(Saved entries)
%%

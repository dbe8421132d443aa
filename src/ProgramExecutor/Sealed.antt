-- ===== src/ProgramExecutor/Sealed.antt =====
-- When `kill` gives a program up, it has closed the pipe (src/ProgramExecutor.cpp).
use mathlib.Core.Option
use ml_gridengine_executor.Base.{
  ℕ, ◌≡◌, refl, subst, ◌∙◌, sym, List, [], ◌++◌, Bool, true, false, Option, none, some, ℤ,
  Bool-cases, inl, inr, arith, if◌then◌else◌, ◌||◌,
}
use ml_gridengine_executor.ProgramExecutor.{
  ProgramExecutor, ProgramStatus, not_started, running, exited, signalled, cannot_kill, is_running,
  is_positive, is_exited, is_signalled, background, wait_in_background, wait_started, Turn, Signal,
  sigint, sigkill, kill_if_running, after_wait, kill_step, kill, to_millis, give_up,
}
use ml_gridengine_executor.ProgramExecutor.Kill.{is_final}

-- The program has ended, or its pipe has been closed.
abbrev pub output_over : ProgramExecutor → Bool
output_over e = is_exited e.status || (is_signalled e.status || e.pipe_closed)

pub exited_over : (e : ProgramExecutor) → e.status ≡ exited → output_over e ≡ true
exited_over e q = rw q refl

pub signalled_over : (e : ProgramExecutor) → e.status ≡ signalled → output_over e ≡ true
signalled_over e q = rw q refl

abbrev Sealed : ProgramExecutor → Type 0
Sealed e = e.status ≡ cannot_kill → e.pipe_closed ≡ true

-- What a wait, and a part of `kill`, leave if they return.
abbrev Left {ℓ} : {A : Type ℓ} → Option (A × ProgramExecutor) → Type 0
Left none = Unit
Left (some (a, e)) = Sealed e

background-Sealed :
    (e : ProgramExecutor) (o : Option (Option ℕ)) → Sealed e → Sealed (background e o).0
unfolding background wait_in_background
background-Sealed e none h = h
background-Sealed e (some none) h = h
background-Sealed e (some (some st)) h = λ q. ground (arith, h)

wait_started-Left :
    (e : ProgramExecutor) (timeout : ℤ) (turn : Turn)
    → Sealed e
    → Left (wait_started e timeout turn)
unfolding wait_started
wait_started-Left e timeout turn h =
    let e₁ : ProgramExecutor = (background e turn.before).0 in
    let e₂ : ProgramExecutor = (background e₁ turn.during).0 in
    let h₁ : Sealed e₁ = background-Sealed e turn.before h in
    let h₂ : Sealed e₂ = background-Sealed e₁ turn.during h₁ in
    elim (Bool-cases (is_running e₁.status)) [
      | inr r ↦ rw r h₁
      | inl r ↦ elim (Bool-cases (background e₁ turn.during).1) [
        | inl w ↦ rw (r, w) h₂
        | inr w ↦ elim (Bool-cases (is_positive timeout)) [
          | inl p ↦ rw (r, w, p) (background-Sealed e₂ turn.late h₂)
          | inr p ↦ rw (r, w, p) tt
        ]
      ]
    ]

map-Left :
    (k : List (ℤ × Signal)) (r : Option (List (ℤ × Signal) × ProgramExecutor))
    → Left r
    → Left (Option.map (λ (more, e). (k ++ more, e)) r)
map-Left k none h = tt
map-Left k (some (more, e)) h = h

module _ (next : ProgramExecutor → Option (List (ℤ × Signal) × ProgramExecutor))
    (later : (e : ProgramExecutor) → Sealed e → Left (next e)) where
  after_wait-Left :
      (k : List (ℤ × Signal)) (o : Option (Bool × ProgramExecutor))
      → Left o
      → Left (after_wait k next o)
  unfolding after_wait
  after_wait-Left k none h = tt
  after_wait-Left k (some (true, e)) h = h
  after_wait-Left k (some (false, e)) h = map-Left k (next e) (later e h)

  kill_step-Left :
      (s : Signal) (seconds : ℤ) (turn : Turn) (e : ProgramExecutor)
      → Sealed e
      → Left (kill_step s seconds turn next e)
  unfolding kill_step
  kill_step-Left s seconds turn e h =
      after_wait-Left (kill_if_running e s) (wait_started e (to_millis seconds) turn)
        (wait_started-Left e (to_millis seconds) turn h)

kill-Left :
    (w₁ w₂ w₃ : ℤ) (t₁ t₂ t₃ : Turn) (e : ProgramExecutor)
    → Sealed e
    → Left (kill w₁ w₂ w₃ t₁ t₂ t₃ e)
unfolding kill
kill-Left w₁ w₂ w₃ t₁ t₂ t₃ e h = elim (Bool-cases (is_running e.status)) [
  | inr r ↦ rw r h
  | inl r ↦
      let last : (e' : ProgramExecutor)
          → Sealed e'
          → Left (kill_step sigkill w₃ t₃ (λ z. some ([], give_up z)) e') =
        kill_step-Left (λ z. some ([], give_up z)) (λ z _ q. refl) sigkill w₃ t₃ in
      let more : (e' : ProgramExecutor)
          → Sealed e'
          → Left (kill_step sigint w₂ t₂ (kill_step sigkill w₃ t₃ (λ z. some ([], give_up z))) e') =
        kill_step-Left _ last sigint w₂ t₂ in
      subst
        (λ b. Left (
          if b
          then kill_step sigint w₁ t₁
              (kill_step sigint w₂ t₂ (kill_step sigkill w₃ t₃ (λ z. some ([], give_up z)))) e
          else some ([], e)))
        (sym r) (kill_step-Left _ more sigint w₁ t₁ e h)
]

-- After a `kill` of a running program that leaves a final status, the output is over: the program has
-- ended, or has been given up, and then its pipe has been closed.
pub kill-output_over :
    (w₁ w₂ w₃ : ℤ) (t₁ t₂ t₃ : Turn) (e e' : ProgramExecutor) (sent : List (ℤ × Signal))
    → e.status ≡ running
    → kill w₁ w₂ w₃ t₁ t₂ t₃ e ≡ some (sent, e')
    → is_final e'.status ≡ true
    → output_over e' ≡ true
kill-output_over w₁ w₂ w₃ t₁ t₂ t₃ e e' sent r eq f =
    let none_given_up : Sealed e =
      λ q. let bad : running ≡ cannot_kill = sym r ∙ q in absurd (cc bad) in
    let sealed : Sealed e' = subst Left eq (kill-Left w₁ w₂ w₃ t₁ t₂ t₃ e none_given_up) in
    over_by e'.status e'.pipe_closed f sealed
  where
    over_by :
        (st : ProgramStatus) (closed : Bool)
        → is_final st ≡ true
        → (st ≡ cannot_kill → closed ≡ true)
        → (is_exited st || (is_signalled st || closed)) ≡ true
    over_by exited closed f h = refl
    over_by signalled closed f h = refl
    over_by cannot_kill closed f h = rw (h refl) refl
    over_by running closed f h = absurd (cc f)
    over_by not_started closed f h = absurd (cc f)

%%

## EXERCISE BRIEF:
Give solely the number of lines in the data that contain the string "where".

## EXERCISE ANSWER:
2